"""
-- ===== src/Runner/Samples.antt =====
-- A run of two stories.
use dc_ness.Base.{
  is_empty, String, string_eq, true, false, Option, none, some, List, [], ◌∷◌, ◌≡◌, ◌≢◌, ◌↔◌, refl,
  all, ◌==◌, eq_iff, mem, ap, arith, inl, All,
}
use dc_ness.Base.Dict.{lookup, put}
use dc_ness.Runner.Tasks.{
  Task, State, Python, default_branch, ok, err, commit_required, find_task, update_task, mark_task,
  refers,
}
use dc_ness.Runner.Actions.{
  task_action, progress, has_status, first_task, first_pending, last_task, is_sealed, story_summary,
  story_branch_ref, tasks_for_story, story_boundary_before, story_order, story_order_from,
  pr_base_ref, pr_base_after, next_action, seal_story, seal_story_from_git, Worktree,
}
use dc_ness.Runner.Marks.{IsRecorded}
use dc_ness.Runner.Seals.{offered, seal_story-next_action}
use dc_ness.Runner.Turns.{handed, is_done, next_action-is_done}

program : Unit {0}
unfolding mem mark_task find_task update_task refers lookup put story_summary story_branch_ref
    tasks_for_story story_boundary_before story_order story_order_from pr_base_ref pr_base_after
    progress first_task first_pending last_task next_action seal_story seal_story_from_git
program = tt

abbrev python : Python
python = record { str = λ n. "1"; has_text = λ s. true }

abbrev core_task : Task
core_task = record {
  id = 1;
  path = "docs/impl/01-core.md";
  slug = "01-core";
  title = "core";
  story = "1";
  task_index = "1/1";
  status = "running";
  attempts = 1;
  commit = none;
  provider = none;
  note = none;
}

abbrev ui_task : Task
ui_task = record {
  id = 2;
  path = "docs/impl/02-ui.md";
  slug = "02-ui";
  title = "ui";
  story = "2";
  task_index = "1/1";
  status = "pending";
  attempts = 0;
  commit = none;
  provider = none;
  note = none;
}

abbrev state_of : List Task → State
state_of ts = record {
  chain_id = "epic-01";
  scope = "epic";
  project_root = "/repo";
  tasks = ts;
  sealed_stories = [];
}

abbrev done_core : Task
done_core = record core_task { status = "completed"; commit = some "abc" }

abbrev running_state : State
running_state = state_of (core_task ∷ ui_task ∷ [])

abbrev boundary_state : State
boundary_state = state_of (done_core ∷ ui_task ∷ [])

abbrev sealed_state : State
sealed_state = record boundary_state {
  sealed_stories =
      ("1", record { branch = "story-1"; tip = "abc"; pr_base = default_branch "main" }) ∷ [];
}

marked_state :
    mark_task python running_state "01-core" "completed" (some "abc") none none ≡ ok boundary_state
unfolding program
marked_state = refl

unmarked_state :
    mark_task python running_state "01-core" "completed" none none none ≡ err commit_required
unfolding program
unmarked_state = refl

sealed : seal_story boundary_state "story-1" "abc" ≡ ok sealed_state
unfolding program
sealed = refl

differ : (a b : String) → (a == b) ≡ false → a ≢ b
differ a b h e = ground (arith, h, (eq_iff a b).1 e)

text_of : Option String → String
text_of none = ""
text_of (some s) = s

full_commit : ◌≢◌ {A = Option String} (some "abc") (some "")
unfolding text_of
full_commit e = differ "abc" "" refl (ap text_of e)

recorded : All (IsRecorded python) running_state.tasks
unfolding program
recorded = (
  record {
    valid = refl;
    committed = inl (differ "running" "completed" refl);
    noted = inl (differ "running" "error" refl, differ "running" "blocked" refl);
  },
  (
    record {
      valid = refl;
      committed = inl (differ "pending" "completed" refl);
      noted = inl (differ "pending" "error" refl, differ "pending" "blocked" refl);
    },
    tt,
  ),
)

story_offered : offered (next_action boundary_state) ≡ some ("1", ui_task)
unfolding program
story_offered = refl

abbrev worktree : Worktree
worktree = record { current_branch = "story-1"; head = "abc"; is_ancestor = λ c. c == "abc" }

sealed_from_git : seal_story_from_git boundary_state worktree ≡ ok sealed_state
unfolding program
sealed_from_git = refl

seal_story-next_action_example :
    (story : String) × (t : Task) × (offered (next_action boundary_state) ≡ some (story, t))
    × (is_sealed sealed_state story ≡ true)
    × (next_action sealed_state ≡ ok (task_action t (progress boundary_state)))
seal_story-next_action_example =
    seal_story-next_action boundary_state sealed_state "story-1" "abc" sealed

handed_task : handed (next_action sealed_state) ≡ some ui_task
unfolding program
handed_task = refl

next_action-is_done_example : (is_done (next_action boundary_state) ≡ true) ↔ (
    (is_empty boundary_state.tasks ≡ false)
    × (all (has_status "completed") boundary_state.tasks ≡ true))
next_action-is_done_example = next_action-is_done boundary_state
"""
All of the material above should be printed out in full, word for word.

RESULT FOR THIS EXERCISE:
-- ===== src/Runner/Samples.antt =====
-- A run of two stories.
use dc_ness.Base.{
  is_empty, String, string_eq, true, false, Option, none, some, List, [], ◌∷◌, ◌≡◌, ◌≢◌, ◌↔◌, refl,
  all, ◌==◌, eq_iff, mem, ap, arith, inl, All,
}
use dc_ness.Base.Dict.{lookup, put}
use dc_ness.Runner.Tasks.{
  Task, State, Python, default_branch, ok, err, commit_required, find_task, update_task, mark_task,
  refers,
}
use dc_ness.Runner.Actions.{
  task_action, progress, has_status, first_task, first_pending, last_task, is_sealed, story_summary,
  story_branch_ref, tasks_for_story, story_boundary_before, story_order, story_order_from,
  pr_base_ref, pr_base_after, next_action, seal_story, seal_story_from_git, Worktree,
}
use dc_ness.Runner.Marks.{IsRecorded}
use dc_ness.Runner.Seals.{offered, seal_story-next_action}
use dc_ness.Runner.Turns.{handed, is_done, next_action-is_done}

program : Unit {0}
unfolding mem mark_task find_task update_task refers lookup put story_summary story_branch_ref
    tasks_for_story story_boundary_before story_order story_order_from pr_base_ref pr_base_after
    progress first_task first_pending last_task next_action seal_story seal_story_from_git
program = tt

abbrev python : Python
python = record { str = λ n. "1"; has_text = λ s. true }

abbrev core_task : Task
core_task = record {
  id = 1;
  path = "docs/impl/01-core.md";
  slug = "01-core";
  title = "core";
  story = "1";
  task_index = "1/1";
  status = "running";
  attempts = 1;
  commit = none;
  provider = none;
  note = none;
}

abbrev ui_task : Task
ui_task = record {
  id = 2;
  path = "docs/impl/02-ui.md";
  slug = "02-ui";
  title = "ui";
  story = "2";
  task_index = "1/1";
  status = "pending";
  attempts = 0;
  commit = none;
  provider = none;
  note = none;
}

abbrev state_of : List Task → State
state_of ts = record {
  chain_id = "epic-01";
  scope = "epic";
  project_root = "/repo";
  tasks = ts;
  sealed_stories = [];
}

abbrev done_core : Task
done_core = record core_task { status = "completed"; commit = some "abc" }

abbrev running_state : State
running_state = state_of (core_task ∷ ui_task ∷ [])

abbrev boundary_state : State
boundary_state = state_of (done_core ∷ ui_task ∷ [])

abbrev sealed_state : State
sealed_state = record boundary_state {
  sealed_stories =
      ("1", record { branch = "story-1"; tip = "abc"; pr_base = default_branch "main" }) ∷ [];
}

marked_state :
    mark_task python running_state "01-core" "completed" (some "abc") none none ≡ ok boundary_state
unfolding program
marked_state = refl

unmarked_state :
    mark_task python running_state "01-core" "completed" none none none ≡ err commit_required
unfolding program
unmarked_state = refl

sealed : seal_story boundary_state "story-1" "abc" ≡ ok sealed_state
unfolding program
sealed = refl

differ : (a b : String) → (a == b) ≡ false → a ≢ b
differ a b h e = ground (arith, h, (eq_iff a b).1 e)

text_of : Option String → String
text_of none = ""
text_of (some s) = s

full_commit : ◌≢◌ {A = Option String} (some "abc") (some "")
unfolding text_of
full_commit e = differ "abc" "" refl (ap text_of e)

recorded : All (IsRecorded python) running_state.tasks
unfolding program
recorded = (
  record {
    valid = refl;
    committed = inl (differ "running" "completed" refl);
    noted = inl (differ "running" "error" refl, differ "running" "blocked" refl);
  },
  (
    record {
      valid = refl;
      committed = inl (differ "pending" "completed" refl);
      noted = inl (differ "pending" "error" refl, differ "pending" "blocked" refl);
    },
    tt,
  ),
)

story_offered : offered (next_action boundary_state) ≡ some ("1", ui_task)
unfolding program
story_offered = refl

abbrev worktree : Worktree
worktree = record { current_branch = "story-1"; head = "abc"; is_ancestor = λ c. c == "abc" }

sealed_from_git : seal_story_from_git boundary_state worktree ≡ ok sealed_state
unfolding program
sealed_from_git = refl

seal_story-next_action_example :
    (story : String) × (t : Task) × (offered (next_action boundary_state) ≡ some (story, t))
    × (is_sealed sealed_state story ≡ true)
    × (next_action sealed_state ≡ ok (task_action t (progress boundary_state)))
seal_story-next_action_example =
    seal_story-next_action boundary_state sealed_state "story-1" "abc" sealed

handed_task : handed (next_action sealed_state) ≡ some ui_task
unfolding program
handed_task = refl

next_action-is_done_example : (is_done (next_action boundary_state) ≡ true) ↔ (
    (is_empty boundary_state.tasks ≡ false)
    × (all (has_status "completed") boundary_state.tasks ≡ true))
next_action-is_done_example = next_action-is_done boundary_state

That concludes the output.